═══ Data in this exercise
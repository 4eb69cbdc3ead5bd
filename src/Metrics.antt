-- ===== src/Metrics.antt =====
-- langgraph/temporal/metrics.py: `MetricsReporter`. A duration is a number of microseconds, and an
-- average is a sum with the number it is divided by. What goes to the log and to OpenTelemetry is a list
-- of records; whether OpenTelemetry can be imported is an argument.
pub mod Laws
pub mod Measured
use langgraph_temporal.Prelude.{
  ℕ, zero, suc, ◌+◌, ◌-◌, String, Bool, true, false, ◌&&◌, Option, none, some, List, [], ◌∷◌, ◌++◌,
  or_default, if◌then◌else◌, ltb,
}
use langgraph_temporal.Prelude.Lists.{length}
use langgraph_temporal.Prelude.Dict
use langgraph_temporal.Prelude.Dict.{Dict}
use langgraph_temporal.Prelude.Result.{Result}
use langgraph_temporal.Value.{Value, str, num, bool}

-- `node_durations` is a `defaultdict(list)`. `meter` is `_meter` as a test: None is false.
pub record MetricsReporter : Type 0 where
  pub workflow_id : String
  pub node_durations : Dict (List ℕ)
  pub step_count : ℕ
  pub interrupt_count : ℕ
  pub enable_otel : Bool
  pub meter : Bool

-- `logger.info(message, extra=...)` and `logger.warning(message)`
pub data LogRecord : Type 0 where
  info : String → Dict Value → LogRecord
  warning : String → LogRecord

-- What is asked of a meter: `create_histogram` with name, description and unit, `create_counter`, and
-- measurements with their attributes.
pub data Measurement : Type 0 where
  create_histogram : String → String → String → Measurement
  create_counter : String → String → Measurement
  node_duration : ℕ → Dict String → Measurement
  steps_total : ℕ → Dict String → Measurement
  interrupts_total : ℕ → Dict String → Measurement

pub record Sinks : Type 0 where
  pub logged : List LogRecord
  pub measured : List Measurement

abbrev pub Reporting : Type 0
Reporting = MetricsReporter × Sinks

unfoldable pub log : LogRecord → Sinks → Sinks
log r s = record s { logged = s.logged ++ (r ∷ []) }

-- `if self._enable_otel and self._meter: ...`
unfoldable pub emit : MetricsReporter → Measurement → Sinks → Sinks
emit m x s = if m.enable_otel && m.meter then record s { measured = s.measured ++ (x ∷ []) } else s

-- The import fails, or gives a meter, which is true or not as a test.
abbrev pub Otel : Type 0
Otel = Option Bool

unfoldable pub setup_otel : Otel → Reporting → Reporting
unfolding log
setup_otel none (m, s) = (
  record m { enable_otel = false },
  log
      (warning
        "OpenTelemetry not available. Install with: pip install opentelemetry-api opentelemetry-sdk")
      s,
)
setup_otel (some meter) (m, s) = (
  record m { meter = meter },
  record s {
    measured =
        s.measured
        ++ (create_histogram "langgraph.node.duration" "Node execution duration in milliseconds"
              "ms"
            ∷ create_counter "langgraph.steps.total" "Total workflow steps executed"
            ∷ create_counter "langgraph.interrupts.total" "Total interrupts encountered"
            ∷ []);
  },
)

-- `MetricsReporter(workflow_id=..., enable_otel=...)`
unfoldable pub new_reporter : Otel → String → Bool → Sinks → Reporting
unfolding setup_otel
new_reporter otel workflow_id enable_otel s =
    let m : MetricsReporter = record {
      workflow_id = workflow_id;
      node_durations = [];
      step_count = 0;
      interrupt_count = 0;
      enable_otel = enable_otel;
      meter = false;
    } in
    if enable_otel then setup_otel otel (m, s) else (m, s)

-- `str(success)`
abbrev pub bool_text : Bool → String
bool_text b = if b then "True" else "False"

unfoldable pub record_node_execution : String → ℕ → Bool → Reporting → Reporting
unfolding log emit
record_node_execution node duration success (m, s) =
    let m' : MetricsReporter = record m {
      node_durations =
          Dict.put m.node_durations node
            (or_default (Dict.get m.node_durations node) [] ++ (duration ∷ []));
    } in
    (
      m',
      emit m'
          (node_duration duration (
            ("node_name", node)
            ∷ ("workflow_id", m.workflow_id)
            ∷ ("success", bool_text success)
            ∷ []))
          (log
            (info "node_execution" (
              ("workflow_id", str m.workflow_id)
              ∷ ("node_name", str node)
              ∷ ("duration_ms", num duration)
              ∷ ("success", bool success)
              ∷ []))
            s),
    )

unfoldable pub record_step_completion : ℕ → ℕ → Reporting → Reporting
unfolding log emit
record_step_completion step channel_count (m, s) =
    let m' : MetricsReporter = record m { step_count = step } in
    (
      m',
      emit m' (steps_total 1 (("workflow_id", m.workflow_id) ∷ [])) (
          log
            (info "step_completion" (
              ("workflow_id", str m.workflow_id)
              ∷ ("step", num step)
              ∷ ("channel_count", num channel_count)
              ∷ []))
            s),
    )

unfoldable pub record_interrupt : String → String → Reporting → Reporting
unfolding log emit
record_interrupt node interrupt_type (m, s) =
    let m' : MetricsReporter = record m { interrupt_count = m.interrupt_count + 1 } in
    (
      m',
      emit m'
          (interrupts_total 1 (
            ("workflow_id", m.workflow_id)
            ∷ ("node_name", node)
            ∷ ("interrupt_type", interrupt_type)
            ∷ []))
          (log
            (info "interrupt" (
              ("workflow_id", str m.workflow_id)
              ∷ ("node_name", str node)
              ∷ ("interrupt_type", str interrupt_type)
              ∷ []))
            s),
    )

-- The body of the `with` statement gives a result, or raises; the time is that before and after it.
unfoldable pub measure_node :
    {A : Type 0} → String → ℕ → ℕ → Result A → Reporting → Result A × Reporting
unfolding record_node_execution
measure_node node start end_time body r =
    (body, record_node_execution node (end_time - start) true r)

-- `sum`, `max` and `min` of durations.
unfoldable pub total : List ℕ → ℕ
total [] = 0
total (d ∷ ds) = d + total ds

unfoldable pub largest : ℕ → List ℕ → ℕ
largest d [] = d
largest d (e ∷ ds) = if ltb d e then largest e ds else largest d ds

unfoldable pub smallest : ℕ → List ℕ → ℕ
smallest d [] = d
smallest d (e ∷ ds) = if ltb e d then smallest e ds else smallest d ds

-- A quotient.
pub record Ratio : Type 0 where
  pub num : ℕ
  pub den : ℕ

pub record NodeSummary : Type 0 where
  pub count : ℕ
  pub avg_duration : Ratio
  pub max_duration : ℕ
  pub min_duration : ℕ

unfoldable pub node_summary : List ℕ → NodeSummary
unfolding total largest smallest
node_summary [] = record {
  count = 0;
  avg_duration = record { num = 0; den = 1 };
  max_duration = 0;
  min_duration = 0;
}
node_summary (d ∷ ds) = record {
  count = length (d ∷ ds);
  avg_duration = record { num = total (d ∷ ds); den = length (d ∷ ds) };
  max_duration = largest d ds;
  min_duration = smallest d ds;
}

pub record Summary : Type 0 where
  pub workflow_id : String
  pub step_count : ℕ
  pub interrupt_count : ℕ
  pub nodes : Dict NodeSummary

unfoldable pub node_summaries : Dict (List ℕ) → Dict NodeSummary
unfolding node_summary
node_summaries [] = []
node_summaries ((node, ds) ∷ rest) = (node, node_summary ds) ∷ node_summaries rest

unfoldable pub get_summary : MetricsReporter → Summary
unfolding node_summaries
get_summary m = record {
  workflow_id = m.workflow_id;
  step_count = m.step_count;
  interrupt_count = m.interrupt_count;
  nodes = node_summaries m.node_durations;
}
══════
═══ Data in this exercise
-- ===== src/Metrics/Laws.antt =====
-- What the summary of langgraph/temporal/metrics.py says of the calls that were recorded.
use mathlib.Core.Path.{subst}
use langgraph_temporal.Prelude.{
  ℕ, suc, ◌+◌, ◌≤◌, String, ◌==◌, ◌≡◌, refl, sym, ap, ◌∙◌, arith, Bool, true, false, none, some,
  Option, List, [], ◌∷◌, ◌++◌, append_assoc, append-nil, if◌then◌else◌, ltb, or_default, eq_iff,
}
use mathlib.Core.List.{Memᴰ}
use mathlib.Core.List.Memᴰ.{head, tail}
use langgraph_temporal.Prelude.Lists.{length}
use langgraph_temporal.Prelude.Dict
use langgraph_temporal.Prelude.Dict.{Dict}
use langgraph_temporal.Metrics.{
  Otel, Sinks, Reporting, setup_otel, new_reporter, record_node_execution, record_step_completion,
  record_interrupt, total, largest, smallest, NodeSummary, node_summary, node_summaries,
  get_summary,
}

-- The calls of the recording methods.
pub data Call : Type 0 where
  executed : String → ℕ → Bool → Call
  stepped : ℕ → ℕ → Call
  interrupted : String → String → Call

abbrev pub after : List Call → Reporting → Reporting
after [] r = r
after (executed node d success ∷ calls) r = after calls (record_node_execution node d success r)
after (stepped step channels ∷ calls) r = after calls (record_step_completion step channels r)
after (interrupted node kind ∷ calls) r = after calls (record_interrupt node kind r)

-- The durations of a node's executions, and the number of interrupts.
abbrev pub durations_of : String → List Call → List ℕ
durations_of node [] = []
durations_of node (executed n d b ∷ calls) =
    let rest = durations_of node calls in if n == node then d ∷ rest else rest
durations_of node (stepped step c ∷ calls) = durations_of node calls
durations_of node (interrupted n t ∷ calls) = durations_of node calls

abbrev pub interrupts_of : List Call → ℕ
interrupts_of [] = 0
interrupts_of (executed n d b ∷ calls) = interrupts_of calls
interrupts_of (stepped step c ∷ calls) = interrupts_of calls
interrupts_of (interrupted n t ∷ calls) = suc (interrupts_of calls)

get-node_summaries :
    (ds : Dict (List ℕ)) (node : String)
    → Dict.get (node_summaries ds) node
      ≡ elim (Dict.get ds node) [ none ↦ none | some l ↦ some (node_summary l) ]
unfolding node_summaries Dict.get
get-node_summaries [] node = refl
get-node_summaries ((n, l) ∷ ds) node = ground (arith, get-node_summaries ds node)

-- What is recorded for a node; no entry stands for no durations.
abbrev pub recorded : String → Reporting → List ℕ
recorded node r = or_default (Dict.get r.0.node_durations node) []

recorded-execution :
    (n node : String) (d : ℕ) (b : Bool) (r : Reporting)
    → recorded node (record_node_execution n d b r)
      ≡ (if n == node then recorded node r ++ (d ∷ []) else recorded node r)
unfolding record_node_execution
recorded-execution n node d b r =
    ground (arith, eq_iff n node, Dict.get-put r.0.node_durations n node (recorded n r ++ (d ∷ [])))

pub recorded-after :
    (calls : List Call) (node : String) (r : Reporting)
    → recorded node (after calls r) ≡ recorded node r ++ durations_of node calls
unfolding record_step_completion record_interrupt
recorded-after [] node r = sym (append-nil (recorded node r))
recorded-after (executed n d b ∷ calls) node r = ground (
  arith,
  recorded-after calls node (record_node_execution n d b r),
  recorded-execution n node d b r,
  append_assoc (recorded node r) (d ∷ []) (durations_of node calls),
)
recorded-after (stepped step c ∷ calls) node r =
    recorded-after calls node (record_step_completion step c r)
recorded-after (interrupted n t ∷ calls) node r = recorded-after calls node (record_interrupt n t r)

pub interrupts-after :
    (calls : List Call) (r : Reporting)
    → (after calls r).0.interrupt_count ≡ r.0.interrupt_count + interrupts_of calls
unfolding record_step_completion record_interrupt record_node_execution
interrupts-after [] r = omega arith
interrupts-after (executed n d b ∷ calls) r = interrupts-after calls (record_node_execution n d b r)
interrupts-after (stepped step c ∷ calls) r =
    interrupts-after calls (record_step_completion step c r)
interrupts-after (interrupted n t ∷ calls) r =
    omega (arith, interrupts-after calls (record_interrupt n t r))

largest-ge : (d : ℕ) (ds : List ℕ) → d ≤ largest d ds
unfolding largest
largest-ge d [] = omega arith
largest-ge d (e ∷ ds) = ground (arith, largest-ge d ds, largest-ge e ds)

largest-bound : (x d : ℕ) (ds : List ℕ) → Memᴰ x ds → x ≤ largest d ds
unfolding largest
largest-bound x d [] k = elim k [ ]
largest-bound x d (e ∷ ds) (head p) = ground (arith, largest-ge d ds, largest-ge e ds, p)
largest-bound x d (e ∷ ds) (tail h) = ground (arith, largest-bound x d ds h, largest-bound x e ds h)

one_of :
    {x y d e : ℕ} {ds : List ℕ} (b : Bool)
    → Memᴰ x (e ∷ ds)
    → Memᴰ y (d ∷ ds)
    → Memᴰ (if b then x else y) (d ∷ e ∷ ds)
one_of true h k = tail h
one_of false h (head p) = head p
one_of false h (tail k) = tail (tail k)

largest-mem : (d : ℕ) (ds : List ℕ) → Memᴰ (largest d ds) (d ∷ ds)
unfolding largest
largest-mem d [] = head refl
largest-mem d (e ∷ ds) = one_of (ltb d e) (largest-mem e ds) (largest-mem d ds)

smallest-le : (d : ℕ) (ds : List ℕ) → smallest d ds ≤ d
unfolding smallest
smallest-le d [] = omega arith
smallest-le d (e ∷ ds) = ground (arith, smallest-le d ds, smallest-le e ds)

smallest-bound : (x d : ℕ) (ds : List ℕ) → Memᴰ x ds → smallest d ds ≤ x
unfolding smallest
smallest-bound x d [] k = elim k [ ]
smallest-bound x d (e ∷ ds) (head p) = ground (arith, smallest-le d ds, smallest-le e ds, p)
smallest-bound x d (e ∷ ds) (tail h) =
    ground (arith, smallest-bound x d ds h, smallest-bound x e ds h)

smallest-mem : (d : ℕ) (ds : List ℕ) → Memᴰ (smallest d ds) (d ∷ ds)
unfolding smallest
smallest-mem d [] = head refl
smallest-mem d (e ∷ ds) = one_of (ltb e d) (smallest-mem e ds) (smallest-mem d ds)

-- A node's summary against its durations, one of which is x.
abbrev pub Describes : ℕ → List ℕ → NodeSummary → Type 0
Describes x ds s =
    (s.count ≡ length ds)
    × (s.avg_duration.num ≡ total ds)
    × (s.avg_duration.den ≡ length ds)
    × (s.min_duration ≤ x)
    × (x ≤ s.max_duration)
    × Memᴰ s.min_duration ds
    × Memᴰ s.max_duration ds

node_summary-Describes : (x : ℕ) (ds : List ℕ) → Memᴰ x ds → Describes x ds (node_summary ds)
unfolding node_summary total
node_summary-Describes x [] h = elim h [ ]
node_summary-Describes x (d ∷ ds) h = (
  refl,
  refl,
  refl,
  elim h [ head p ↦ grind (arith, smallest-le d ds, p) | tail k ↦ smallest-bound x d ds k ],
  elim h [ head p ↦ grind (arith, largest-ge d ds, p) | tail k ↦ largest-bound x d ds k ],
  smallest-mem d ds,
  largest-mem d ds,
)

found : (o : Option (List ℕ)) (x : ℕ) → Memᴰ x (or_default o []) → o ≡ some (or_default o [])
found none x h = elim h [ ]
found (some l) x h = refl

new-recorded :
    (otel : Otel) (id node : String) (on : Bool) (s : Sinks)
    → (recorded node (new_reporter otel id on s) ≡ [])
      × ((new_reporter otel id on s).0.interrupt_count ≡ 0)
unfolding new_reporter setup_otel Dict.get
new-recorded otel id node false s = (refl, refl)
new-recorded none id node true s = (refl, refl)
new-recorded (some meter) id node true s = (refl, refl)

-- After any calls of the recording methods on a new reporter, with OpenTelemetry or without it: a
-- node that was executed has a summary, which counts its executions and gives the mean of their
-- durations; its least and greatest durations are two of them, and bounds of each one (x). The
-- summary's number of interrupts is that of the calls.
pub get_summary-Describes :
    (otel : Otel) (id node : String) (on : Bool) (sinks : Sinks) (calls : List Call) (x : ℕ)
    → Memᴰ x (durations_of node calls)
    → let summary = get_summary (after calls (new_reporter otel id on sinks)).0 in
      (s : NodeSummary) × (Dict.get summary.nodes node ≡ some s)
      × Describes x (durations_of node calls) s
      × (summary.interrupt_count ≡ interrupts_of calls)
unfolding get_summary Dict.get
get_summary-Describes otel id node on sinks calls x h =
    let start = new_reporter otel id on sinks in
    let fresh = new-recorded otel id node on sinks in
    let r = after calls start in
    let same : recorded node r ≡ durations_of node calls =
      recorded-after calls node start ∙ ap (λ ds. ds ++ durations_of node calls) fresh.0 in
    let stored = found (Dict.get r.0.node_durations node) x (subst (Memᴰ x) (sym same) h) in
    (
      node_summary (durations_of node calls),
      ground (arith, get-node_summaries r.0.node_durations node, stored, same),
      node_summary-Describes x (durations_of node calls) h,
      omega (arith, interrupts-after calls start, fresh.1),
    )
══════
═══ Data in this exercise
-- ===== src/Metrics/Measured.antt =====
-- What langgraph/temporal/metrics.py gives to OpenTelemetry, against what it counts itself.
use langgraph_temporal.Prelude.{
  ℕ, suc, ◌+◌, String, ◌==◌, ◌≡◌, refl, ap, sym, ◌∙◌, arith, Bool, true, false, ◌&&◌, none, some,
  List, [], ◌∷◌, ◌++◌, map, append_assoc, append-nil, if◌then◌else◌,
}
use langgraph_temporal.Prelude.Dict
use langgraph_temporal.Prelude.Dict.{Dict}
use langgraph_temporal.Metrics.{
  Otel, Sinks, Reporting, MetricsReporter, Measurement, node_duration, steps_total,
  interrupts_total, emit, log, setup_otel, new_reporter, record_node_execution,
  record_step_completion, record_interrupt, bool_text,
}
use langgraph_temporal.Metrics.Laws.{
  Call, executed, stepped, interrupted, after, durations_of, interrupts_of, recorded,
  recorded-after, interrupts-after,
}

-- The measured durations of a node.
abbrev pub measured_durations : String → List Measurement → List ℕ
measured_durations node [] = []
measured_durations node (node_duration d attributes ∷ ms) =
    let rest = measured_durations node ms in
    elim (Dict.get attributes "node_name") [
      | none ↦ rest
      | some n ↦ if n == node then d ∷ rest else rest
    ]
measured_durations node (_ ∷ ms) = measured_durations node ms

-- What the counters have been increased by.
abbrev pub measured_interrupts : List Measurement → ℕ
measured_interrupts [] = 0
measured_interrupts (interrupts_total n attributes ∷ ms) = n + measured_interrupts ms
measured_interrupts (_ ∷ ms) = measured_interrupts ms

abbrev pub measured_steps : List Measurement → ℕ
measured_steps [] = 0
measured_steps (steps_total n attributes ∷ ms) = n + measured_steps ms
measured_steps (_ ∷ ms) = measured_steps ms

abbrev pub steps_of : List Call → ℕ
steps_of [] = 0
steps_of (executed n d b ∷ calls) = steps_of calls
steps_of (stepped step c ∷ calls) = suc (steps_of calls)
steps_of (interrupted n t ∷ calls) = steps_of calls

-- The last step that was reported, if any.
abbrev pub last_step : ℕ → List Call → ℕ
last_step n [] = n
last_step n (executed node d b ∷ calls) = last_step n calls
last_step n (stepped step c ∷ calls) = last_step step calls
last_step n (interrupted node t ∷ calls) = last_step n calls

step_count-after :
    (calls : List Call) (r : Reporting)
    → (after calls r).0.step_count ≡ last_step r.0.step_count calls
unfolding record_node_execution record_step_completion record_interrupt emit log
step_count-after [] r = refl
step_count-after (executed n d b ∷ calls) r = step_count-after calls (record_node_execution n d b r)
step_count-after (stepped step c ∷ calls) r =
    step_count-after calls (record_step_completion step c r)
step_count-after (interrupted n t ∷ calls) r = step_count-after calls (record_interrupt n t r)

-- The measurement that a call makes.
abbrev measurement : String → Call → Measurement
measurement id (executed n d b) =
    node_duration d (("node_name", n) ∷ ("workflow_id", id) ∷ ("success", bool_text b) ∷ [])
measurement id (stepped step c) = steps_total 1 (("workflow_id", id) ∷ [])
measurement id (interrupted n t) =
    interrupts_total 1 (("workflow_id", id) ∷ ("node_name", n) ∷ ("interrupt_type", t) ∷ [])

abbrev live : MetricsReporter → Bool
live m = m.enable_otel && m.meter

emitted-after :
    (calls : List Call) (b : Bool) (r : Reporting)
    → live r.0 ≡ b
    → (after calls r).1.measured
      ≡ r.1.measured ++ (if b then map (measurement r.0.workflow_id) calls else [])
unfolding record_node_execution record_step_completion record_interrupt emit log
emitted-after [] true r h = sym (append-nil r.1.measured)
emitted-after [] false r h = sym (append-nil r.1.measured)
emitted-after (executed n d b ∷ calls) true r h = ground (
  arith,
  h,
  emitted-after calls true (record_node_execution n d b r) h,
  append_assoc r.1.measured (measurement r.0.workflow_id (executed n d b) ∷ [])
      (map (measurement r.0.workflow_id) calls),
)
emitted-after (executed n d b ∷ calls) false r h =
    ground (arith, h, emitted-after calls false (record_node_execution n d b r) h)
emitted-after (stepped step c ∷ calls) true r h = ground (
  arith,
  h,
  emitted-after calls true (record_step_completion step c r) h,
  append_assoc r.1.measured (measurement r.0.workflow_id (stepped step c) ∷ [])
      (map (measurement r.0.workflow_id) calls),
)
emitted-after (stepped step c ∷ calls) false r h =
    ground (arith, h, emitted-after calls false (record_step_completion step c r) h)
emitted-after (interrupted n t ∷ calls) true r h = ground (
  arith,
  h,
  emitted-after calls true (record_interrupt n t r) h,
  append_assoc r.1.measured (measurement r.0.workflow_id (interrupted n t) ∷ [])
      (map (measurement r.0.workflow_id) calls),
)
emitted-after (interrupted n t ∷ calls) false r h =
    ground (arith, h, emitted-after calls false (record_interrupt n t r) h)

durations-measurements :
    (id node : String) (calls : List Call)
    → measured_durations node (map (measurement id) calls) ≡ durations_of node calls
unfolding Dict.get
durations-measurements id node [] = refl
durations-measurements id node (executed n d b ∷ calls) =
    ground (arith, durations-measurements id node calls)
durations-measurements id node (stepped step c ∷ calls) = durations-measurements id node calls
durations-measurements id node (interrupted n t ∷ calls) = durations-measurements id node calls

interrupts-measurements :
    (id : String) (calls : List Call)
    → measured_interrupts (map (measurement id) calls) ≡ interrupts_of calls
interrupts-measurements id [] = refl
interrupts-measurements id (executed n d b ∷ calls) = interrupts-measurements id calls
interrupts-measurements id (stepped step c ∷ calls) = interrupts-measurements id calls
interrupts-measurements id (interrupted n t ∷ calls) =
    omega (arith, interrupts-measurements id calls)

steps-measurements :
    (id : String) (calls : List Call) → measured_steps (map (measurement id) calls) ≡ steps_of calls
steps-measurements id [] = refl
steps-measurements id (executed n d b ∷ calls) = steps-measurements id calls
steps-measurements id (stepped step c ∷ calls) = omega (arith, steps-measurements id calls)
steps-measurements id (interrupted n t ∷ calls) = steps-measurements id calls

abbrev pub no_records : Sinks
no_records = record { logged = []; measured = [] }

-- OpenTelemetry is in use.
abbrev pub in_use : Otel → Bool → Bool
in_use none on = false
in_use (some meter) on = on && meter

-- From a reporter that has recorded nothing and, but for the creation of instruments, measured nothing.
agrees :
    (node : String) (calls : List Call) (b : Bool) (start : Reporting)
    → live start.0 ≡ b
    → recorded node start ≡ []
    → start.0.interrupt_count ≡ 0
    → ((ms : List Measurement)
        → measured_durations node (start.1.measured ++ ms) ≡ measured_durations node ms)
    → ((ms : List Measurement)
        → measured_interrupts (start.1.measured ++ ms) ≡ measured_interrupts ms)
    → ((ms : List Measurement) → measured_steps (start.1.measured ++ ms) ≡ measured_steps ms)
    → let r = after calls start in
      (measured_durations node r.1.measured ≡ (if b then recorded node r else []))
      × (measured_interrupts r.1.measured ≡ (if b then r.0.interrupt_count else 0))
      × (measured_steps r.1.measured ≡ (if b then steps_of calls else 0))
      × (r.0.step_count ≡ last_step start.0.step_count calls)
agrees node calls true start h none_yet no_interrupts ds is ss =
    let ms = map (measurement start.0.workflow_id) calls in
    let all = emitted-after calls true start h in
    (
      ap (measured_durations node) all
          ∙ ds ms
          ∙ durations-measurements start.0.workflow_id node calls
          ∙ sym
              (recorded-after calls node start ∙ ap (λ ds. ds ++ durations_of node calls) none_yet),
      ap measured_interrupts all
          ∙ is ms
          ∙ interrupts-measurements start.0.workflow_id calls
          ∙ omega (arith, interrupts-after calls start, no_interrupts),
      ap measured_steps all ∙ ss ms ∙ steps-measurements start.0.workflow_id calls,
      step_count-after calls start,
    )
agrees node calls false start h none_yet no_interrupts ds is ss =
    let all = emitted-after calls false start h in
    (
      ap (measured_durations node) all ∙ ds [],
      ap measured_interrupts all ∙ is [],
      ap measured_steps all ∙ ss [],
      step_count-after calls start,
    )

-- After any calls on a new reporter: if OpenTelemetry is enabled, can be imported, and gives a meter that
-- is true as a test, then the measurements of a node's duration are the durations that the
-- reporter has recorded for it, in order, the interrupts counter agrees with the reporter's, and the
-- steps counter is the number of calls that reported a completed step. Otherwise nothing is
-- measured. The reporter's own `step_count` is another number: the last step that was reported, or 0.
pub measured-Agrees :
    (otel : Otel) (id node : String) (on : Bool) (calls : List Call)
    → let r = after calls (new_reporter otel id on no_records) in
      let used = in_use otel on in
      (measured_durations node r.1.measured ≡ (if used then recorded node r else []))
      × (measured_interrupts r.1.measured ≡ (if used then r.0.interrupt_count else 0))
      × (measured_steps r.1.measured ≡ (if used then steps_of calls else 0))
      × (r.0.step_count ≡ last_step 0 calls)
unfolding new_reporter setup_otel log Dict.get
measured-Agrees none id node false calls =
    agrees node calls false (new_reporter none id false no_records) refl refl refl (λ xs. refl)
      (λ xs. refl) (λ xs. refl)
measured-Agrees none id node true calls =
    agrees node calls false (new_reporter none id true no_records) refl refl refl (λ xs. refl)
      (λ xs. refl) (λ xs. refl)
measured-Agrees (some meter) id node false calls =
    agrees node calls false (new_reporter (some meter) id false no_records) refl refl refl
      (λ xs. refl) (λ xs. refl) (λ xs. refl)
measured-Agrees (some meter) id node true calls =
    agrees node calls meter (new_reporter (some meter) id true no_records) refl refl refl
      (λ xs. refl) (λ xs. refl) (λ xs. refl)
══════
→ Exercise requirements: Among the lines above, find those with the word "which". Copy them.

→ Your response:
-- The import fails, or gives a meter, which is true or not as a test.
-- A node's summary against its durations, one of which is x.
-- node that was executed has a summary, which counts its executions and gives the mean of their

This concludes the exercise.